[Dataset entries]
-- ===== src/Devices.antt =====
-- src/wstangoproc_common/TangoProcessor.h and MyAttributeData.h: the values of Tango, and the Tango
-- library as the program calls it for one device or a group.
pub mod Values
pub mod Argin
pub mod Asking
pub mod Answering
pub mod Sendable
pub mod Made
pub mod Members
pub mod Braces
use web_socket_ds.Base.{ℕ, String, Bool, true, false, List, [], ◌∷◌, Option}
use web_socket_ds.Base.Int.{ℤ}

-- The numbers of Tango's types, in the order of the comments of `typeOfData`.
pub data TangoType : Type 0 where
  dev_void dev_boolean dev_short dev_long dev_float dev_double dev_ushort : TangoType
  dev_ulong dev_string : TangoType
  devvar_chararray devvar_shortarray devvar_longarray devvar_floatarray : TangoType
  devvar_doublearray devvar_ushortarray devvar_ulongarray devvar_stringarray : TangoType
  devvar_longstringarray devvar_doublestringarray : TangoType
  dev_state const_dev_string devvar_booleanarray dev_uchar dev_long64 dev_ulong64 : TangoType
  devvar_long64array devvar_ulong64array dev_int dev_encoded dev_enum : TangoType

pub data TypeOfDeviceData : Type 0 where
  void_d data_d array notsupported : TypeOfDeviceData

unfoldable pub type_of_data : TangoType → TypeOfDeviceData
type_of_data t = elim t [
  | dev_void ↦ void_d
  | dev_boolean ↦ data_d
  | dev_short ↦ data_d
  | dev_long ↦ data_d
  | dev_float ↦ data_d
  | dev_double ↦ data_d
  | dev_ushort ↦ data_d
  | dev_ulong ↦ data_d
  | dev_string ↦ data_d
  | dev_state ↦ notsupported
  | const_dev_string ↦ notsupported
  | dev_uchar ↦ data_d
  | dev_long64 ↦ data_d
  | dev_ulong64 ↦ data_d
  | dev_int ↦ data_d
  | dev_encoded ↦ notsupported
  | dev_enum ↦ data_d
  | _ ↦ array
]

unfoldable pub is_massive : TangoType → Bool
is_massive t = elim (type_of_data t) [ array ↦ true | _ ↦ false ]

pub data AttrDataFormat : Type 0 where
  scalar spectrum image : AttrDataFormat

-- A value of Tango: a floating number of the library `F`, another number, which an enumeration and
-- a character widened to `unsigned short` are too, a Boolean, a text, or the name of a state.
pub data Value (F : Type 0) : Type 0 where
  real : F → Value F
  number : ℤ → Value F
  boolean : Bool → Value F
  text : String → Value F
  state : String → Value F

-- What a command is sent, or answers.
pub data DeviceData (F : Type 0) : Type 0 where
  no_data : DeviceData F
  one : Value F → DeviceData F
  many : List (Value F) → DeviceData F

-- What an attribute is set to; an array with its dimensions.
pub data AttributeInput (F : Type 0) : Type 0 where
  nothing : AttributeInput F
  one_value : Value F → AttributeInput F
  values : List (Value F) → ℤ → ℤ → AttributeInput F

pub record AttributeInfo : Type 0 where
  pub name : String
  pub data_type : TangoType
  pub data_format : AttrDataFormat

-- `MyAttributeData`, with the values that were read and those that are set.
pub record AttributeData (F : Type 0) : Type 0 where
  pub attr_name : String
  pub quality : String
  pub type : TangoType
  pub format : AttrDataFormat
  pub dim_x : ℕ
  pub dim_y : ℕ
  pub read : List (Value F)
  pub set : List (Value F)

-- What a call of Tango comes to: a value, or the texts of a `DevFailed`.
pub data Asked (A : Type 0) : Type 0 where
  got : A → Asked A
  dev_failed : List String → Asked A

-- An element of a pipe: what taking its values out comes to.
pub record PipeElement (F : Type 0) : Type 0 where
  pub name : String
  pub type : TangoType
  pub extracted : Asked (List (Value F))

-- The types of the casts that the program asks boost for.
pub data CppType : Type 0 where
  bool_t short_t long_t float_t double_t ushort_t ulong_t uchar_t long64_t ulong64_t : CppType
  enum_t : CppType

-- The manipulators of a float's output.
pub data TypeIosOpt : Type 0 where
  prec precf precs : TypeIosOpt

-- boost's `lexical_cast`, none where it throws `bad_lexical_cast`, whose text is `bad_cast`; and the
-- output of a float by a stream with a precision.
pub record Formats (F : Type 0) : Type 0 where
  pub lexical_cast : CppType → String → Option (Value F)
  pub bad_cast : String
  pub print : TypeIosOpt → ℕ → F → String

-- The reply to an asynchronous call, or `AsynReplyNotArrived`.
pub data Replied (A : Type 0) : Type 0 where
  came : A → Replied A
  not_yet : Replied A
  reply_failed : List String → Replied A

-- The Tango library, over the state `W` of everything outside the program. A proxy is known by
-- the name that it was made with; `name` is `DeviceProxy::name`. `group_devices` are the devices
-- of a group to which these patterns were added.
pub record Devices (F W : Type 0) : Type 0 where
  pub new_proxy : String → W → Asked (Unit {0}) × W
  pub name : String → W → String
  pub group_devices : List String → W → Asked (List String) × W
  pub in_group : String → W → Bool
  pub command_query : String → String → W → Asked TangoType × W
  pub attribute_query : String → String → W → Asked AttributeInfo × W
  pub command_inout_asynch : String → String → DeviceData F → W → Asked ℕ × W
  pub read_attributes_asynch : String → List String → W → Asked ℕ × W
  pub write_attribute_asynch : String → String → AttributeInput F → W → Asked ℕ × W
  pub command_inout_reply : String → ℕ → W → Replied (TangoType × DeviceData F) × W
  pub read_attributes_reply : String → ℕ → W → Replied (List (AttributeData F)) × W
  pub write_attribute_reply : String → ℕ → W → Replied (Unit {0}) × W
  pub read_pipe : String → String → W → Asked (List (PipeElement F)) × W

▶ [DIRECTIONS]: Only the lines that contain the string "true" are to be copied from the records.

▶ [RESULT OF THIS TASK]:
use web_socket_ds.Base.{ℕ, String, Bool, true, false, List, [], ◌∷◌, Option}
is_massive t = elim (type_of_data t) [ array ↦ true | _ ↦ false ]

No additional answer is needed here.